REQUIRED WORK —
Only the lines from the one containing "(at : IsAt h xs a us p vs) where" through the one containing "h p else t)" should be printed, exactly as they appear below, with both ends included.
** DATA RECORDS follows **
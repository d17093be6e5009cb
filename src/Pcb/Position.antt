-- ===== src/Pcb/Position.antt =====
-- A pcb at its place in a ring, and the ring that `unlink` leaves.
use pandos.Prelude.{
  ◌≡◌, refl, sym, ap, ◌∙◌, ◌≢◌, false, List, [], ◌∷◌, ◌++◌, arith, ◌==◌, if◌then◌else◌, has, ◌∈◌,
  ◌∉◌, Distinct, has-append, erase, mem_snoc, not-mem_of_Distinct-snoc, Distinct-append,
  Distinct_middle, ne_of_mem, ==_refl, mem_split, erase-append, Distinct-erase, not-mem-erase,
}
use mathlib.Core.List.{append-nil, append_assoc}
use pandos.Types.{Ptr, null}
use pandos.Run.{Returns, returns}
use pandos.Pcb.{Store, upd, unlink}
use pandos.Pcb.Access.{ne_test}
use pandos.Pcb.Queue.{Requeues}
use pandos.Pcb.Unlink.{unlink-ok, unlinked, unlinked-Bypasses}
use pandos.Pcb.Ring.{
  next, prev, Chain, IsProcQ, ring, Chain-unsnoc, Bypasses-Chain, prev-mem, next-mem,
}

-- The pcb leaves the queue, and its links are NULL.
pub record Removes (p : Ptr) (xs : List Ptr) (h : Store) (out : Ptr × Ptr) (g : Store)
    : Type 0 where
  pub found : out.0 ≡ p
  pub queue : IsProcQ g out.1 (erase p xs)
  pub unlinked : (next g p ≡ null) × (prev g p ≡ null)
  pub frame : Requeues xs h g

-- The ring read from the pcb `a` on, with `p` between `us` and `vs`.
record IsAt (h : Store) (xs : List Ptr) (a : Ptr) (us : List Ptr) (p : Ptr) (vs : List Ptr)
    : Type 0 where
  pub chain : Chain h a (us ++ (p ∷ vs)) a
  pub distinct : Distinct (us ++ (p ∷ vs))
  apart : a ∉ (us ++ (p ∷ vs))
  start : a ∈ xs
  inside : (b : Ptr) → b ∈ (us ++ (p ∷ vs)) → b ∈ xs
  pub real : null ∉ xs

module _ {h : Store} {xs : List Ptr} {a : Ptr} {us : List Ptr} {p : Ptr} {vs : List Ptr}
    (at : IsAt h xs a us p vs) where
  p-mem : p ∈ xs
  p-mem = at.inside p (ground (arith, has-append p us (p ∷ vs)))

  p-apart : (p ∉ us) × (p ∉ vs) × (p ≢ a)
  p-apart = ground (arith, Distinct_middle us p vs at.distinct, has-append a us (p ∷ vs))

  prev-ok : (prev h p ∈ xs) × (prev h p ≢ p)
  prev-ok = ground (
    arith,
    prev-mem h a us p vs a at.chain,
    p-apart,
    at.start,
    at.inside (prev h p),
    has-append (prev h p) us (p ∷ vs),
  )

  next-ok : (next h p ∈ xs) × (next h p ≢ p)
  next-ok = ground (
    arith,
    next-mem h a us p vs a at.chain,
    p-apart,
    at.start,
    at.inside (next h p),
    has-append (next h p) us (p ∷ vs),
    has-append (next h p) vs (a ∷ []),
  )

  -- What is left is a ring.
  ring_left : Chain (unlinked h p) a (us ++ vs) a
  ring_left =
      Bypasses-Chain h (unlinked h p) p a us vs a (unlinked-Bypasses h p) at.distinct at.apart
        at.apart at.chain

  requeued : Requeues xs h (unlinked h p)
  unfolding upd
  requeued =
      let q = prev-ok.0 in
      let r = next-ok.0 in
      let m = p-mem in
      record { nexts = λ b o. ground arith; prevs = λ b o. ground arith; rest = refl }

  unlink-Removes :
      (t t' : Ptr)
      → IsProcQ (unlinked h p) t' (erase p xs)
      → t' ≡ (if t == p then prev h p else t)
      → Returns (Removes p xs h) (unlink t p h)
  unfolding upd
  unlink-Removes t t' is e =
      rw
        (
          unlink-ok h t p (ne_of_mem xs p-mem at.real) (ne_of_mem xs prev-ok.0 at.real)
              (ne_of_mem xs next-ok.0 at.real) prev-ok.1 next-ok.1,
          ← e,
        )
        (returns (record { found = refl; queue = is; unlinked = ground arith; frame = requeued }))

-- What `ring` of `IsProcQ` holds.
pub record IsRing (h : Store) (t : Ptr) (ys xs : List Ptr) : Type 0 where
  pub listed : xs ≡ ys ++ (t ∷ [])
  pub distinct : Distinct xs
  pub real : null ∉ xs
  pub chain : Chain h t ys t

module _ {h : Store} {t : Ptr} {ys xs : List Ptr} (r : IsRing h t ys xs) where
  pub tail-mem : t ∈ xs
  tail-mem = rw r.listed (mem_snoc ys t)

  pub tail-ne-null : t ≢ null
  tail-ne-null = ne_of_mem xs tail-mem r.real

  pub tail-apart : t ∉ ys
  tail-apart = not-mem_of_Distinct-snoc ys t (rw r.listed at r.distinct)

  pub erase-tail : erase t xs ≡ ys
  erase-tail = rw r.listed (erase-append t ys [] tail-apart ∙ append-nil ys)

  erase-inner :
      (p : Ptr) (us vs : List Ptr)
      → ys ≡ us ++ (p ∷ vs)
      → p ∉ us
      → erase p xs ≡ (us ++ vs) ++ (t ∷ [])
  erase-inner p us vs eu o =
      rw (r.listed, eu, append_assoc, erase-append p us (vs ++ (t ∷ [])) o, append_assoc)

  inside-mem : (us : List Ptr) → ys ≡ us → (b : Ptr) → b ∈ us → b ∈ xs
  inside-mem us eu b i = rw (r.listed, has-append b ys (t ∷ [])) (ground (arith, ap (has b) eu))

  pub unlink-inner : (p : Ptr) → p ∈ ys → Returns (Removes p xs h) (unlink t p h)
  unlink-inner p i =
      let (us, vs, eu, o) = mem_split p ys i in
      let at : IsAt h xs t us p vs = record {
        chain = rw eu at r.chain;
        distinct = rw eu at (Distinct-append ys (t ∷ []) (rw r.listed at r.distinct)).0;
        apart = rw eu at tail-apart;
        start = tail-mem;
        inside = inside-mem (us ++ (p ∷ vs)) eu;
        real = r.real;
      } in
      let tp : (t == p) ≡ false = ne_test (λ e. ne_of_mem ys i tail-apart (sym e)) in
      unlink-Removes at t t
        (ring (us ++ vs) (erase-inner p us vs eu o) (Distinct-erase p xs r.distinct)
          (not-mem-erase null p xs r.real) (ring_left at))
        (rw tp)

  pub unlink-last :
      (zs : List Ptr) (l : Ptr) → ys ≡ zs ++ (l ∷ []) → Returns (Removes t xs h) (unlink t t h)
  unlink-last zs l ez =
      let (cz, lt) = Chain-unsnoc h t zs (rw ez at r.chain) in
      let lm : l ∈ ys = rw ez (mem_snoc zs l) in
      let dz = (Distinct-append ys (t ∷ []) (rw r.listed at r.distinct)).0 in
      let to : t ∉ zs = ground (arith, tail-apart, ap (has t) ez, has-append t zs (l ∷ [])) in
      let lz : l ∉ zs = not-mem_of_Distinct-snoc zs l (rw ez at dz) in
      let tl : l ≢ t = ne_of_mem ys lm tail-apart in
      let at : IsAt h xs l [] t zs = record {
        chain = (lt, cz);
        distinct = (to, (Distinct-append zs (l ∷ []) (rw ez at dz)).0);
        apart = ground arith;
        start = inside-mem ys refl l lm;
        inside = λ b j.
            ground (arith, tail-mem, inside-mem ys refl b, ap (has b) ez, has-append b zs (l ∷ []));
        real = r.real;
      } in
      unlink-Removes at t l
        (ring zs (erase-tail ∙ ez) (Distinct-erase t xs r.distinct) (not-mem-erase null t xs r.real)
          (ring_left at))
        (rw ==_refl (sym lt.1))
** End of DATA RECORDS **
YOUR SOLUTION —
    (at : IsAt h xs a us p vs) where
  p-mem : p ∈ xs
  p-mem = at.inside p (ground (arith, has-append p us (p ∷ vs)))

  p-apart : (p ∉ us) × (p ∉ vs) × (p ≢ a)
  p-apart = ground (arith, Distinct_middle us p vs at.distinct, has-append a us (p ∷ vs))

  prev-ok : (prev h p ∈ xs) × (prev h p ≢ p)
  prev-ok = ground (
    arith,
    prev-mem h a us p vs a at.chain,
    p-apart,
    at.start,
    at.inside (prev h p),
    has-append (prev h p) us (p ∷ vs),
  )

  next-ok : (next h p ∈ xs) × (next h p ≢ p)
  next-ok = ground (
    arith,
    next-mem h a us p vs a at.chain,
    p-apart,
    at.start,
    at.inside (next h p),
    has-append (next h p) us (p ∷ vs),
    has-append (next h p) vs (a ∷ []),
  )

  -- What is left is a ring.
  ring_left : Chain (unlinked h p) a (us ++ vs) a
  ring_left =
      Bypasses-Chain h (unlinked h p) p a us vs a (unlinked-Bypasses h p) at.distinct at.apart
        at.apart at.chain

  requeued : Requeues xs h (unlinked h p)
  unfolding upd
  requeued =
      let q = prev-ok.0 in
      let r = next-ok.0 in
      let m = p-mem in
      record { nexts = λ b o. ground arith; prevs = λ b o. ground arith; rest = refl }

  unlink-Removes :
      (t t' : Ptr)
      → IsProcQ (unlinked h p) t' (erase p xs)
      → t' ≡ (if t == p then prev h p else t)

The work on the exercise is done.